Occupés l'un de l'autre, objets de leurs pensées,
Par un zèle facile, un doux empressement,
Ils expriment encore le même sentiment.
Oh! vous, couple sublime et sage,
Qu'un siècle corrompu, l'exemple de la Cour,
N'ont jamais égaré: ce pur et tendre amour
Au déclin de vos ans sera votre partage.
Pendant la dernière année de sa vie, M. de Beauvau fut heureusement distrait du drame effroyable qui s'accomplissait autour de lui par d'agréables soins de famille.
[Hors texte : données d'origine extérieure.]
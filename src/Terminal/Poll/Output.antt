-- ===== src/Terminal/Poll/Output.antt =====
-- crates/zyris-capkit/src/terminal/mod.rs: the output of a poll, against all that its attempts print.
use zyris_protocol.Prelude.{ℕ, ◌≡◌, Option, none, some}
use zyris_protocol.Prelude.Int.{ℤ}
use zyris_protocol.Terminal.Exec.{Chars, tail_chars}
use zyris_protocol.Terminal.Poll.{
  Attempt, PollArgs, interval_of, budget_of, max_chars_of, Polled, refused, failed, polled,
}
use zyris_protocol.Terminal.Poll.Printed.{transcript, Printed}

-- The output of an outcome of a poll is the end of what its attempts print, as a text for the caller.
unfoldable Shows : (ℕ → Chars) → (ℤ → Chars) → (ℕ → ℕ → Attempt) → PollArgs → Option Polled → Type 0
Shows digits signed run a none = Unit {0}
Shows digits signed run a (some (refused why)) = Unit {0}
Shows digits signed run a (some failed) = Unit {0}
Shows digits signed run a (some (polled r)) =
    r.output
    ≡ tail_chars (transcript digits signed (interval_of a) (budget_of a) run r.attempts 0 0)
        (max_chars_of a)
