-- ===== src/Terminal/Sanitize.antt =====
-- crates/zyris-capkit/src/terminal/sanitize.rs: the control sequences that a read strips. A string
-- is its bytes; slicing it off a character boundary panics, as in Rust.
pub mod Clean
pub mod Escape
pub mod Total
pub mod Panic
use zyris_protocol.Prelude.{
  ℕ, zero, suc, ◌+◌, ◌-◌, ◌*◌, ◌/◌, ◌%◌, ◌^◌, ◌≤◌, ◌<◌, ◌≡◌, ◌∙◌, ◌≢◌, ◌↔◌, ◌⊎◌, ◌&&◌, ◌||◌, Option,
  none, some, [], ◌∷◌, ◌++◌, ltb, leb, ◌==◌, if◌then◌else◌, Bytes, Text, length, take, drop,
}

-- CSI: on to the byte that ends the sequence; the number is the index of the list's head.
scan_csi : ℕ → Bytes → Option ℕ
scan_csi j [] = none
scan_csi j (c ∷ rest) =
    let more = scan_csi (j + 1) rest in if leb 0x40 c && leb c 0x7E then some (j + 1) else more

-- OSC and its kin: on to BEL, ST or another ESC.
scan_osc : ℕ → Bytes → Option ℕ
scan_osc j [] = none
scan_osc j (c ∷ rest) =
    let more = scan_osc (j + 1) rest in
    if c == 0x07
    then some (j + 1)
    else if c == 0x1B
    then elim rest [ [] ↦ none | d ∷ _ ↦ if d == b'\\' then some (j + 2) else some (j + 1) ]
    else more

-- `scan_escape`, on what follows the ESC, whose first byte has the index `j`.
scan_kind : ℕ → Bytes → Option ℕ
scan_kind j [] = none
scan_kind j (kind ∷ rest) =
    if kind == b'['
    then scan_csi (j + 1) rest
    else if kind == b']' || kind == b'P' || kind == b'X' || kind == b'^' || kind == b'_'
    then scan_osc (j + 1) rest
    else some (j + 1)

unfoldable pub scan_escape : Bytes → ℕ → Option ℕ
unfolding scan_kind scan_csi scan_osc
scan_escape b i = scan_kind (i + 1) (drop (i + 1) b)

-- `rposition` of ESC: the last index at which it stands.
last_escape : ℕ → Bytes → Option ℕ
last_escape i [] = none
last_escape i (c ∷ rest) = elim (last_escape (i + 1) rest) [
  | some k ↦ some k
  | none ↦ if c == 0x1B then some i else none
]

abbrev lookback : ℕ
lookback = 256

unfoldable pub trim_incomplete_escape : Bytes → ℕ
unfolding scan_escape last_escape
trim_incomplete_escape b =
    let from = length b - lookback in
    elim (last_escape from (drop from b)) [
      | none ↦ length b
      | some esc ↦ elim (scan_escape b esc) [ some _ ↦ length b | none ↦ esc ]
    ]

-- The width of the character that a byte leads; `none` for a continuation byte, at which slicing
-- panics.
pub char_width : ℕ → Option ℕ
char_width c =
    if ltb c 0x80
    then some 1
    else if ltb c 0xC0
    then none
    else if ltb c 0xE0
    then some 2
    else if ltb c 0xF0
    then some 3
    else some 4

pub data Stripped : Type 0 where
  done : Text → Stripped
  panicked : Stripped
  out_of_fuel : Stripped

-- What one round of the loop of `strip_controls` does at index `i`, at byte `c` before `rest`.
pub data Round : Type 0 where
  skip : ℕ → Round
  emit : Bytes → ℕ → Round
  stop : Round
  panic : Round

round_escape : Bytes → ℕ → Round
round_escape b i = elim (scan_escape b i) [ some end ↦ skip end | none ↦ stop ]

round_return : ℕ → Bytes → Round
round_return i [] = skip (i + 1)
round_return i (d ∷ rest) = if d == b'\n' then emit (b'\n' ∷ []) (i + 2) else skip (i + 1)

round_char : ℕ → ℕ → Bytes → Round
round_char i c rest = elim (char_width c) [
  | none ↦ panic
  | some width ↦ emit (take width (c ∷ rest)) (i + width)
]

round : Bytes → ℕ → ℕ → Bytes → Round
round b i c rest =
    if c == 0x1B
    then round_escape b i
    else if c == b'\r'
    then round_return i rest
    else if c == b'\n' || c == b'\t'
    then emit (c ∷ []) (i + 1)
    else if ltb c 0x20 || c == 0x7F
    then skip (i + 1)
    else round_char i c rest

-- The loop. It is given the calls that it makes as a function, one with less fuel.
strip_round : (ℕ → Text → Stripped) → Text → Round → Stripped
strip_round loop out (skip next) = loop next out
strip_round loop out (emit bytes next) = loop next (out ++ bytes)
strip_round loop out stop = done out
strip_round loop out panic = panicked

strip_at : (ℕ → Text → Stripped) → Bytes → ℕ → Text → Bytes → Stripped
strip_at loop b i out [] = done out
strip_at loop b i out (c ∷ rest) = strip_round loop out (round b i c rest)

strip_from : ℕ → Bytes → ℕ → Text → Stripped
strip_from zero b i out = out_of_fuel
strip_from (suc fuel) b i out = strip_at (strip_from fuel b) b i out (drop i b)

unfoldable pub strip_controls : Text → Stripped
unfolding strip_from strip_at strip_round round round_escape round_return round_char char_width
    scan_escape
strip_controls s = strip_from (length s + 1) s 0 []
N'ayant pas d'enfant mâle, il avait reporté toutes ses affections sur son neveu, le prince Marc de Craon, et il le regardait comme son véritable fils.
M. de Craon avait émigré avec sa mère et tous deux avaient fixé leur résidence à Aix-la-Chapelle. En 1792, le jeune homme, il n'avait guère plus de dix-neuf ans[ [196], annonça à son oncle son mariage avec Mlle de Mortemart. Cette union avec une famille à laquelle l'attachaient tant de liens d'amitié, comblait tous les vœux du vieux prince.
Le mariage fut célébré à Aix-la-Chapelle en mai 1792. M. et Mme de Beauvau envoyèrent à leur nièce comme cadeau de noces une montre avec sa chaîne.